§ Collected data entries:
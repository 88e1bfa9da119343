-- ===== src/Chan/Hanging.antt =====
-- Whom the end of a select wakes.
use mathlib.Core.Path.{subst}
use mathlib.Core.Option.{some-injective}
use native.Mathlib.Decide.{ℕ_discrete}
use microthread.Base.{
  ℕ, ◌≡◌, ◌⊎◌, refl, sym, ap, ◌∙◌, true, false, none, Option, some, arith, has, Option-cases, inl,
  inr, eq→==, update,
}
use microthread.State.{Code, TaskState, Runtime}
use microthread.Transitions.{
  set_task, set_waiter, complete_channel_wait, complete_select_wait, mark_ready, runq_push, notify,
}
use microthread.TimerOps.{timer_remove}
use microthread.Chan.Woken.{remove_all-IsSame, last_has, still_has}
use microthread.SelectWait.{free_task_waiters, stop_timeout, unpark_task, complete_waiter}
use microthread.Chan.Selected.{Quiet-Tied, complete-Quiet, Tied, unpark-Tied, unpark-Removed}

-- The task is ready and queued to run, and its select returns `result`.
pub record IsSelected (result : Code) (rt : Runtime) (t : ℕ) : Type 0 where
  pub state : (rt.task t).state ≡ TaskState.ready
  pub select_result : (rt.task t).select_result ≡ result
  pub queued : has t rt.runq ≡ true

ready-IsSelected :
    (rt : Runtime) (t i : ℕ) (s : Code)
    → IsSelected s
        (mark_ready (set_task rt t (record (rt.task t) { select_result = s; select_index = i })) t)
        t
unfolding mark_ready runq_push notify
ready-IsSelected rt t i s = ground (arith, eq→== t t refl, last_has t rt.runq)

ready-keeps :
    (rt : Runtime) (t u i : ℕ) (s : Code)
    → IsSelected s rt t
    → IsSelected s
        (mark_ready (set_task rt u (record (rt.task u) { select_result = s; select_index = i })) u)
        t
unfolding mark_ready runq_push notify
ready-keeps rt t u i s h = ground (arith, h, still_has t u rt.runq h.queued)

stop-keeps :
    (rt : Runtime) (t u : ℕ) (s : Code) → IsSelected s rt t → IsSelected s (stop_timeout rt u) t
unfolding stop_timeout timer_remove
stop-keeps rt t u s h = ground (arith, h)

wait-keeps :
    (rt : Runtime) (t u : ℕ) (s : Code)
    → IsSelected s rt t
    → IsSelected s (complete_select_wait rt u) t
unfolding complete_select_wait
wait-keeps rt t u s h = ground (arith, h)

free-keeps :
    (rt : Runtime) (t u : ℕ) (s : Code)
    → IsSelected s rt t
    → IsSelected s (free_task_waiters rt u) t
unfolding free_task_waiters
free-keeps rt t u s h =
    let e = remove_all-IsSame rt (rt.task u).select_waiters in ground (arith, h, e.task, e.runq)

unpark-IsSelected : (rt : Runtime) (t i : ℕ) (s : Code) → IsSelected s (unpark_task rt t s i) t
unfolding unpark_task
unpark-IsSelected rt t i s =
    ready-IsSelected (complete_select_wait (free_task_waiters (stop_timeout rt t) t) t) t i s

unpark-keeps :
    (rt : Runtime) (t u i : ℕ) (s : Code)
    → IsSelected s rt t
    → IsSelected s (unpark_task rt u s i) t
unfolding unpark_task
unpark-keeps rt t u i s h =
    let stopped = stop_timeout rt u in
    let freed = free_task_waiters stopped u in
    ready-keeps (complete_select_wait freed u) t u i s
      (wait-keeps freed t u s (free-keeps stopped t u s (stop-keeps rt t u s h)))

-- A select waiter of the task `t` on the channel `c`: it is queued there, or the select has ended.
pub record Hangs (s : Code) (c w t : ℕ) (rt : Runtime) : Type 0 where
  pub tied : Tied w t rt
  pub there :
      (has w (rt.chan c).select_send ≡ true)
      ⊎ (has w (rt.chan c).select_recv ≡ true)
      ⊎ IsSelected s rt t

-- the end of a task's select
unpark-Hangs :
    (s : Code) (c w t u i : ℕ) (rt : Runtime)
    → Hangs s c w t rt
    → Hangs s c w t (unpark_task rt u s i)
unpark-Hangs s c w t u i rt h = elim (ℕ_discrete u t) [
  | yes e ↦ record {
    tied = unpark-Tied w t u i s rt h.tied;
    there = inr (inr (subst (IsSelected s (unpark_task rt u s i)) e (unpark-IsSelected rt u i s)));
  }
  | no n ↦
      let r = unpark-Removed w t u i s rt n h.tied in
      record {
        tied = unpark-Tied w t u i s rt h.tied;
        there = elim h.there [
          | inl x ↦ inl (r.sends c x)
          | inr (inl x) ↦ inr (inl (r.recvs c x))
          | inr (inr x) ↦ inr (inr (unpark-keeps rt t u i s x))
        ];
      }
]

inactive-Tied :
    (rt : Runtime) (x w t : ℕ)
    → Tied w t rt
    → Tied w t (set_waiter rt x (record (rt.waiter x) { active = false }))
inactive-Tied rt x w t k = record {
  owned = λ u v h. same v ∙ k.owned u v h;
  owner = same w ∙ k.owner;
}
  where
    same :
        (v : ℕ)
        → (update rt.waiter x (record (rt.waiter x) { active = false }) v).task ≡ (rt.waiter v).task
    same v = ground arith

-- the end of a select, for a waiter that was taken out of its queue
pub complete-Hangs :
    (s : Code) (c w t x : ℕ) (rt : Runtime)
    → Tied w t rt
    → (x ≡ w)
      ⊎ (has w (rt.chan c).select_send ≡ true)
      ⊎ (has w (rt.chan c).select_recv ≡ true)
      ⊎ IsSelected s rt t
    → Hangs s c w t (complete_waiter rt x s)
unfolding complete_waiter
complete-Hangs s c w t x rt k h = elim (Option-cases (rt.waiter x).task) [
  | inl e ↦ rw (e, complete_waiter) (record { tied = k; there = unowned e h })
  | inr (u, e) ↦
      let marked = set_waiter rt x (record (rt.waiter x) { active = false }) in
      let i = (rt.waiter x).index in
      let tied = inactive-Tied rt x w t k in
      rw (e, complete_waiter)
        (elim h [
          | inl same ↦ record {
            tied = unpark-Tied w t u i s marked tied;
            there = inr (
                inr (
                  subst (IsSelected s (unpark_task marked u s i)) (own u e same)
                    (unpark-IsSelected marked u i s)));
          }
          | inr rest ↦ unpark-Hangs s c w t u i marked (record { tied = tied; there = moved rest })
        ])
]
  where
    own : (u : ℕ) → (rt.waiter x).task ≡ some u → x ≡ w → u ≡ t
    own u e i = some-injective u t (sym e ∙ ap (λ v. (rt.waiter v).task) i ∙ k.owner)

    none≢some : Path (Option ℕ) none (some t) → ⊥
    none≢some e = cc

    unowned :
        (rt.waiter x).task ≡ none
        → (x ≡ w)
          ⊎ (has w (rt.chan c).select_send ≡ true)
          ⊎ (has w (rt.chan c).select_recv ≡ true)
          ⊎ IsSelected s rt t
        → (has w (rt.chan c).select_send ≡ true)
          ⊎ (has w (rt.chan c).select_recv ≡ true)
          ⊎ IsSelected s rt t
    unowned e (inl i) = absurd (none≢some (sym e ∙ ap (λ v. (rt.waiter v).task) i ∙ k.owner))
    unowned e (inr rest) = rest

    moved :
        (has w (rt.chan c).select_send ≡ true)
          ⊎ (has w (rt.chan c).select_recv ≡ true)
          ⊎ IsSelected s rt t
        → (has w (rt.chan c).select_send ≡ true)
          ⊎ (has w (rt.chan c).select_recv ≡ true)
          ⊎ IsSelected s (set_waiter rt x (record (rt.waiter x) { active = false })) t
    moved (inl y) = inl y
    moved (inr (inl y)) = inr (inl y)
    moved (inr (inr y)) =
        inr (inr (record { state = y.state; select_result = y.select_result; queued = y.queued }))

channel_wait-keeps :
    (rt : Runtime) (t u : ℕ) (s r : Code)
    → IsSelected s rt t
    → IsSelected s (complete_channel_wait rt u r) t
unfolding complete_channel_wait mark_ready runq_push notify
channel_wait-keeps rt t u s r h = ground (arith, h, still_has t u rt.runq h.queued)

-- the end of another task's wait on a channel
pub channel_wait-Hangs :
    (s : Code) (c w t u : ℕ) (r : Code) (rt : Runtime)
    → Hangs s c w t rt
    → Hangs s c w t (complete_channel_wait rt u r)
channel_wait-Hangs s c w t u r rt h =
    let q = complete-Quiet rt u r in
    record {
      tied = Quiet-Tied w t rt (complete_channel_wait rt u r) q h.tied;
      there = elim h.there [
        | inl x ↦ inl (subst (λ f. has w (f c).select_send ≡ true) (sym q.chan) x)
        | inr (inl x) ↦ inr (inl (subst (λ f. has w (f c).select_recv ≡ true) (sym q.chan) x))
        | inr (inr x) ↦ inr (inr (channel_wait-keeps rt t u s r x))
      ];
    }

§ TASK DIRECTIONS: What is needed is every line of the records that contains the word "TaskState".

§ WRITTEN RESPONSE:
use microthread.State.{Code, TaskState, Runtime}
  pub state : (rt.task t).state ≡ TaskState.ready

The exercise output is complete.